**Goal of the exercise**
Exact repetition is required: output every record in full.

[[ Data for this exercise, beginning ]]

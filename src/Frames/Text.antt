-- ===== src/Frames/Text.antt =====
-- src/simplecc/lsp/transport.rs: the text of a header line, as Rust's `str` reads it. A text is the
-- list of its code points.
use simplecc.Base.{
  ℕ, zero, suc, ◌+◌, ◌-◌, ◌*◌, ◌^◌, Bool, true, false, ◌&&◌, Option, none, some, List, [], ◌∷◌, map,
  ltb, leb, ◌==◌, nat_key, if◌then◌else◌,
}
use simplecc.Config.{is_whitespace}
use simplecc.Lines.{Bytes, within}

-- The code points of UTF-8, with how many bytes are still to come and what has come of one.
unfoldable pub chars : ℕ → ℕ → Bytes → List ℕ
chars k acc [] = []
chars zero acc (b ∷ bs) =
    let one = chars 0 0 bs in
    let two = chars 1 (b - 192) bs in
    let three = chars 2 (b - 224) bs in
    let four = chars 3 (b - 240) bs in
    if leb b 127 then b ∷ one else if leb b 223 then two else if leb b 239 then three else four
chars (suc zero) acc (b ∷ bs) = (acc * 64 + (b - 128)) ∷ chars 0 0 bs
chars (suc (suc k)) acc (b ∷ bs) = chars (suc k) (acc * 64 + (b - 128)) bs

abbrev pub is_nil : List ℕ → Bool
is_nil [] = true
is_nil (c ∷ cs) = false

unfoldable pub trim_start : List ℕ → List ℕ
trim_start [] = []
trim_start (c ∷ cs) = let rest = trim_start cs in if is_whitespace c then rest else c ∷ cs

unfoldable pub trim_end : List ℕ → List ℕ
trim_end [] = []
trim_end (c ∷ cs) =
    let rest = trim_end cs in if is_whitespace c && is_nil rest then [] else c ∷ rest

abbrev pub trim : List ℕ → List ℕ
trim cs = trim_end (trim_start cs)

-- `split_once(':')`: what is before the first colon, and what is after it if there is one.
unfoldable pub split_once : List ℕ → List ℕ × Option (List ℕ)
split_once [] = ([], none)
split_once (c ∷ cs) =
    let (name, value) = split_once cs in if c == 58 then ([], some cs) else (c ∷ name, value)

abbrev pub lower : ℕ → ℕ
lower c = if within 65 90 c then c + 32 else c

unfoldable pub same_codes : List ℕ → List ℕ → Bool
same_codes [] [] = true
same_codes [] (d ∷ ds) = false
same_codes (c ∷ cs) [] = false
same_codes (c ∷ cs) (d ∷ ds) = let rest = same_codes cs ds in c == d && rest

abbrev pub eq_ignore_ascii_case : List ℕ → List ℕ → Bool
eq_ignore_ascii_case cs ds = same_codes (map lower cs) (map lower ds)

-- "Content-Length".
abbrev pub content_length_name : List ℕ
content_length_name =
    67 ∷ 111 ∷ 110 ∷ 116 ∷ 101 ∷ 110 ∷ 116 ∷ 45 ∷ 76 ∷ 101 ∷ 110 ∷ 103 ∷ 116 ∷ 104 ∷ []

-- The digits of a number, and none for any other character.
unfoldable pub value_from : ℕ → List ℕ → Option ℕ
value_from acc [] = some acc
value_from acc (c ∷ cs) =
    let later = value_from (acc * 10 + (c - 48)) cs in if within 48 57 c then later else none

abbrev pub fits_usize : Option ℕ → Option ℕ
fits_usize none = none
fits_usize (some n) = if ltb n (2 ^ 64) then some n else none

abbrev pub digits_of : List ℕ → Option ℕ
digits_of [] = none
digits_of (c ∷ cs) = fits_usize (value_from 0 (c ∷ cs))

-- `parse::<usize>`, which takes a plus sign.
unfoldable pub parse_usize : List ℕ → Option ℕ
unfolding value_from
parse_usize [] = none
parse_usize (c ∷ cs) = if c == 43 then digits_of cs else digits_of (c ∷ cs)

[[ Data for this exercise, end ]]

**Exercise result**
filename src/Frames/Text.antt
-- ===== src/Frames/Text.antt =====
-- src/simplecc/lsp/transport.rs: the text of a header line, as Rust's `str` reads it. A text is the
-- list of its code points.
use simplecc.Base.{
  ℕ, zero, suc, ◌+◌, ◌-◌, ◌*◌, ◌^◌, Bool, true, false, ◌&&◌, Option, none, some, List, [], ◌∷◌, map,
  ltb, leb, ◌==◌, nat_key, if◌then◌else◌,
}
use simplecc.Config.{is_whitespace}
use simplecc.Lines.{Bytes, within}

-- The code points of UTF-8, with how many bytes are still to come and what has come of one.
unfoldable pub chars : ℕ → ℕ → Bytes → List ℕ
chars k acc [] = []
chars zero acc (b ∷ bs) =
    let one = chars 0 0 bs in
    let two = chars 1 (b - 192) bs in
    let three = chars 2 (b - 224) bs in
    let four = chars 3 (b - 240) bs in
    if leb b 127 then b ∷ one else if leb b 223 then two else if leb b 239 then three else four
chars (suc zero) acc (b ∷ bs) = (acc * 64 + (b - 128)) ∷ chars 0 0 bs
chars (suc (suc k)) acc (b ∷ bs) = chars (suc k) (acc * 64 + (b - 128)) bs

abbrev pub is_nil : List ℕ → Bool
is_nil [] = true
is_nil (c ∷ cs) = false

unfoldable pub trim_start : List ℕ → List ℕ
trim_start [] = []
trim_start (c ∷ cs) = let rest = trim_start cs in if is_whitespace c then rest else c ∷ cs

unfoldable pub trim_end : List ℕ → List ℕ
trim_end [] = []
trim_end (c ∷ cs) =
    let rest = trim_end cs in if is_whitespace c && is_nil rest then [] else c ∷ rest

abbrev pub trim : List ℕ → List ℕ
trim cs = trim_end (trim_start cs)

-- `split_once(':')`: what is before the first colon, and what is after it if there is one.
unfoldable pub split_once : List ℕ → List ℕ × Option (List ℕ)
split_once [] = ([], none)
split_once (c ∷ cs) =
    let (name, value) = split_once cs in if c == 58 then ([], some cs) else (c ∷ name, value)

abbrev pub lower : ℕ → ℕ
lower c = if within 65 90 c then c + 32 else c

unfoldable pub same_codes : List ℕ → List ℕ → Bool
same_codes [] [] = true
same_codes [] (d ∷ ds) = false
same_codes (c ∷ cs) [] = false
same_codes (c ∷ cs) (d ∷ ds) = let rest = same_codes cs ds in c == d && rest

abbrev pub eq_ignore_ascii_case : List ℕ → List ℕ → Bool
eq_ignore_ascii_case cs ds = same_codes (map lower cs) (map lower ds)

-- "Content-Length".
abbrev pub content_length_name : List ℕ
content_length_name =
    67 ∷ 111 ∷ 110 ∷ 116 ∷ 101 ∷ 110 ∷ 116 ∷ 45 ∷ 76 ∷ 101 ∷ 110 ∷ 103 ∷ 116 ∷ 104 ∷ []

-- The digits of a number, and none for any other character.
unfoldable pub value_from : ℕ → List ℕ → Option ℕ
value_from acc [] = some acc
value_from acc (c ∷ cs) =
    let later = value_from (acc * 10 + (c - 48)) cs in if within 48 57 c then later else none

abbrev pub fits_usize : Option ℕ → Option ℕ
fits_usize none = none
fits_usize (some n) = if ltb n (2 ^ 64) then some n else none

abbrev pub digits_of : List ℕ → Option ℕ
digits_of [] = none
digits_of (c ∷ cs) = fits_usize (value_from 0 (c ∷ cs))

-- `parse::<usize>`, which takes a plus sign.
unfoldable pub parse_usize : List ℕ → Option ℕ
unfolding value_from
parse_usize [] = none
parse_usize (c ∷ cs) = if c == 43 then digits_of cs else digits_of (c ∷ cs)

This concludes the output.